Dalam SK pencopotan Chuck ada tiga alasan yang tertulis. Pertama, Chuck mengambil langkah sendiri atas perdamaian ahli waris Taufiq Hidayat dan tidak dapat persetujuan pimpinan. Kedua, Chuck dituding melakukan pembiaran terhadap upaya yang dilakukan Kanit Operasi Satgassus terkait barang rampasan di Jatinegara Indah. Ketiga, membiarkan langkah yang ditempuh Kanit Operasi Satgassus terkait persoalan tanah di Cisarua.

Dalam persidangan juga diungkap alasan pemecatan Chuck lantaran ketiadaan nota dinas mengada-ada. Nota dinas tersebut, dalam hal ini sebagai persetujuan melakukan perdamaian gugatan perdata atas sebuah kasus, dalam hal ini tanah di Jatinegara telah diteken oleh Jaksa Agung Basrief Arief.

Namun pihak tergugat menyatakan nota dinas untuk melakukan perdamaian dengan pihak Taufik Hidayat tidak tercatat dalam register Kejagung. "Tidak tercatat dalam register kami," kata Sahroni saksi ahli kedua dalam persidangan tersebut.

Namun saat ditanya majelis hakim, apakah dengan tidak teregister nota dinas itu tidak diakui? "Saya tidak bisa menjawab itu," kata Sahroni yang menjabat sebagai Kepala Sub Bagian Tata Usaha Kejaksaan Agung.

Dia beralasan bahwa saat itu dirinya belum bertugas sebagai Kepala Sub Bagian Tata Usaha Kejaksaan Agung. "Nota dinas yang dimaksud adalah nota dinas tahun 2012,"ujarnya.

Damian menegaskan mempertanyakan keabsahan nota dinas sangat mengada-ada lantaran nota dinas itu ditandatangani sendiri oleh Basrief Arief. "Pada persidangan sebelumnya sudah ada pernyataan pak Basrief Arief bahwa beliau yang menandatangani nota dinas itu," terang Damanius.

Kalau terus mempertanyakan keabsahan nota dinas Chuck maka bagaimana dengan nota dinas Jamwas kepada Kejagung saat menjatuhkan sanksi disiplin kepada Chuck. "Itu tidak ada lembar disposisinya juga soal penjatuhan disiplin kepada Chuck. Apa bedanya,?" tanya Damanius.
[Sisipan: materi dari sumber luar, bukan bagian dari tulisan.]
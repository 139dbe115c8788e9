-- ===== src/Control/Handler/Disk/Commands.antt =====
-- What each command of server/command_handler.py can do to the disk.
use hybrid_ftp_socket.Prelude.{ℕ, Option, none, some, ◌≡◌, sym, subst, arith, not, [], ◌∷◌}
use hybrid_ftp_socket.Prelude.Text.{strip}
use hybrid_ftp_socket.Prelude.Numerals.{Text, is_empty}
use hybrid_ftp_socket.Control.Parser.{FtpCommand}
use hybrid_ftp_socket.Control.Session.{Session, Given, Operation, retr, stor, stou, appe}
use hybrid_ftp_socket.Control.Files.{Files}
use hybrid_ftp_socket.Control.Handler.Base.{Handled, logged_in, with_argument}
use hybrid_ftp_socket.Control.Handler.Login.{user, password_for, password, quit_cmd, noop_cmd}
use hybrid_ftp_socket.Control.Handler.Directories.{
  pwd_cmd, cwd, cdup_cmd, mkd, rmd, dele, rnfr, rename_to, rnto,
}
use hybrid_ftp_socket.Control.Handler.Parameters.{
  type_cmd, mode_cmd, is_bounce, port_address, use_address, port_cmd, pasv_cmd,
}
use hybrid_ftp_socket.Control.Handler.Listings.{
  list_dir, nlst, size_cmd, mdtm_cmd, stat_cmd, hash_cmd, help_cmd,
}
use hybrid_ftp_socket.Control.Handler.Transfers.{
  begin, has_endpoint, transfer_in_progress, start_transfer, named_transfer, stou_cmd, abor_cmd,
}
use hybrid_ftp_socket.Control.Handler.{
  Verb, v_user, v_pass, v_quit, v_noop, v_type, v_mode, v_pwd, v_cwd, v_cdup, v_mkd, v_rmd, v_dele,
  v_rnfr, v_rnto, v_list, v_nlst, v_size, v_mdtm, v_stat, v_port, v_pasv, v_retr, v_stor, v_stou,
  v_appe, v_abor, v_hash, v_help, v_other, verb_of, before, dispatch, handle,
}
use hybrid_ftp_socket.Control.Handler.Disk.{
  IsOpen, logged_in-disk, with_argument-disk, no_argument-disk, on_outcome-disk,
  on_outcome_or_raise-disk, choice, choice_of,
}

type_cmd_disk :
    (Disk : Type 0) (arg : Text) (s : Session) (disk : Disk) (counter : ℕ)
    → (type_cmd Disk arg s disk counter).disk ≡ disk
unfolding type_cmd
type_cmd_disk Disk arg s disk counter = ground arith

mode_cmd_disk :
    (Disk : Type 0) (arg : Text) (s : Session) (disk : Disk) (counter : ℕ)
    → (mode_cmd Disk arg s disk counter).disk ≡ disk
unfolding mode_cmd
mode_cmd_disk Disk arg s disk counter = ground arith

module _ (files : Files) (format_date : Text → Text) (P : files.Disk → Type 0) (given : Given)
    (disk : files.Disk) (counter : ℕ) (v : IsOpen files P disk) where
  password_for-disk :
      (username : Option Text) (arg : Text) (s : Session)
      → P (password_for files.Disk username arg s disk counter).disk
  unfolding password_for
  password_for-disk none arg s = v.same
  password_for-disk (some name) arg s =
      choice files P s.is_logged_in _ _ v.same (choice files P (is_empty arg) _ _ v.same v.same)

  rename_to-disk :
      (old : Option Text) (arg : Text) (s : Session)
      → P (rename_to files old arg s disk counter).disk
  unfolding rename_to
  rename_to-disk none arg s = v.same
  rename_to-disk (some []) arg s = v.same
  rename_to-disk (some (c ∷ old)) arg s =
      let moved = v.moved s.current_dir (c ∷ old) arg in
      on_outcome-disk files P _ _ counter _ _ _ moved (λ unit. moved)

  use_address-disk :
      (ip : Text) (port : ℕ) (s : Session)
      → P (use_address files.Disk ip port given s disk counter).disk
  unfolding use_address
  use_address-disk ip port s =
      choice files P (is_bounce s.peer_ip ip) _ _ v.same
        (choice_of files P given.bound _ _ v.same (λ server_port. v.same))

  begin-disk :
      (operation : Operation) (argument : Option Text) (s : Session)
      → P (begin files.Disk operation argument given s disk counter).disk
  unfolding begin start_transfer
  begin-disk operation argument s =
      choice files P (not (has_endpoint s)) _ _ v.same
        (choice files P (transfer_in_progress given s) _ _ v.same v.same)

  named-disk :
      (arg : Text) (s : Session) (missing : Text) (rest : Handled files.Disk)
      → P rest.disk
      → P
          (logged_in files.Disk s disk counter
            (with_argument files.Disk arg s disk counter missing rest)).disk
  named-disk arg s missing rest k =
      logged_in-disk files P s disk counter _ v.same
        (with_argument-disk files P arg s disk counter missing rest v.same k)

  dispatch-disk :
      (verb : Verb) (arg : Text) (s : Session)
      → P (dispatch files format_date verb arg given s disk counter).disk
  unfolding dispatch user password quit_cmd noop_cmd pwd_cmd cwd cdup_cmd mkd rmd dele rnfr rnto
      type_cmd mode_cmd port_cmd pasv_cmd list_dir nlst size_cmd mdtm_cmd stat_cmd hash_cmd help_cmd
      named_transfer stou_cmd abor_cmd
  dispatch-disk v_user arg s = choice files P (is_empty (strip arg)) _ _ v.same v.same
  dispatch-disk v_pass arg s = password_for-disk s.username arg s
  dispatch-disk v_quit arg s = no_argument-disk files P arg _ disk counter _ _ v.same v.same
  dispatch-disk v_noop arg s = no_argument-disk files P arg _ disk counter _ _ v.same v.same
  dispatch-disk v_help arg s = v.same
  dispatch-disk v_other arg s = v.same
  dispatch-disk v_type arg s = subst P (sym (type_cmd_disk files.Disk arg s disk counter)) v.same
  dispatch-disk v_mode arg s = subst P (sym (mode_cmd_disk files.Disk arg s disk counter)) v.same
  dispatch-disk v_pwd arg s = no_argument-disk files P arg s disk counter _ _ v.same (
      logged_in-disk files P s disk counter _ v.same
        (on_outcome_or_raise-disk files P _ disk counter _ _ v.same (λ a. v.same)))
  dispatch-disk v_cdup arg s = no_argument-disk files P arg s disk counter _ _ v.same (
      logged_in-disk files P s disk counter _ v.same
        (on_outcome-disk files P _ disk counter _ _ _ v.same (λ a. v.same)))
  dispatch-disk v_cwd arg s =
      named-disk arg s _ _ (on_outcome-disk files P _ disk counter _ _ _ v.same (λ a. v.same))
  dispatch-disk v_rnfr arg s =
      named-disk arg s _ _ (on_outcome-disk files P _ disk counter _ _ _ v.same (λ a. v.same))
  dispatch-disk v_size arg s =
      named-disk arg s _ _ (on_outcome-disk files P _ disk counter _ _ _ v.same (λ a. v.same))
  dispatch-disk v_mdtm arg s =
      named-disk arg s _ _ (on_outcome-disk files P _ disk counter _ _ _ v.same (λ a. v.same))
  dispatch-disk v_hash arg s =
      named-disk arg s _ _ (on_outcome-disk files P _ disk counter _ _ _ v.same (λ a. v.same))
  dispatch-disk v_list arg s =
      logged_in-disk files P s disk counter _ v.same
        (on_outcome-disk files P _ disk counter _ _ _ v.same (λ a. v.same))
  dispatch-disk v_nlst arg s =
      logged_in-disk files P s disk counter _ v.same
        (on_outcome-disk files P _ disk counter _ _ _ v.same (λ a. v.same))
  dispatch-disk v_stat arg s = logged_in-disk files P s disk counter _ v.same (
      choice files P (is_empty arg) _ _ v.same
        (on_outcome_or_raise-disk files P _ disk counter _ _ v.same (λ a. v.same)))
  dispatch-disk v_mkd arg s =
      let made = v.made s.current_dir arg in
      named-disk arg s _ _ (on_outcome-disk files P _ _ counter _ _ _ made (λ a. made))
  dispatch-disk v_rmd arg s =
      let emptied = v.emptied s.current_dir arg in
      named-disk arg s _ _ (on_outcome-disk files P _ _ counter _ _ _ emptied (λ a. emptied))
  dispatch-disk v_dele arg s =
      let deleted = v.deleted s.current_dir arg in
      named-disk arg s _ _ (on_outcome-disk files P _ _ counter _ _ _ deleted (λ a. deleted))
  dispatch-disk v_rnto arg s =
      logged_in-disk files P s disk counter _ v.same
        (choice files P (is_empty arg) _ _ v.same (rename_to-disk s.rename_from arg s))
  dispatch-disk v_port arg s = named-disk arg s _ _ (
      choice_of files P (port_address arg) _
        (λ a. use_address files.Disk a.0 a.1 given s disk counter) v.same
        (λ a. use_address-disk a.0 a.1 s))
  dispatch-disk v_pasv arg s = logged_in-disk files P s disk counter _ v.same (
      no_argument-disk files P arg s disk counter _ _ v.same
        (choice_of files P given.bound _ _ v.same (λ port. v.same)))
  dispatch-disk v_retr arg s = named-disk arg s _ _ (begin-disk retr (some arg) s)
  dispatch-disk v_stor arg s = named-disk arg s _ _ (begin-disk stor (some arg) s)
  dispatch-disk v_appe arg s = named-disk arg s _ _ (begin-disk appe (some arg) s)
  dispatch-disk v_stou arg s =
      logged_in-disk files P s disk counter _ v.same
        (no_argument-disk files P arg s disk counter _ _ v.same (begin-disk stou none s))
  dispatch-disk v_abor arg s =
      no_argument-disk files P arg s disk counter _ _ v.same
        (logged_in-disk files P s disk counter _ v.same v.same)

  -- The disk behind a command is the one before it, or what one of the four operations leaves.
  pub handle-disk :
      (command : FtpCommand) (s : Session)
      → P (handle files format_date command given s disk counter).disk
  unfolding handle
  handle-disk command s =
      dispatch-disk (verb_of command.name) command.argument (before (verb_of command.name) s)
Selain itu, Damianus membantah tudingan pihak Kejagung yang mengatakan Chuck hanya menyetor Rp2 miliar dari Rp6 miliar yang dijanjikan. Pembayaran dilakukan bertahap dengan membayar Rp2 miliar di awal. "Pak Chuck tidak pernah terima. Kalau terima buktikan saja. Tagih saja ke pihak ahli warisnya," ujarnya.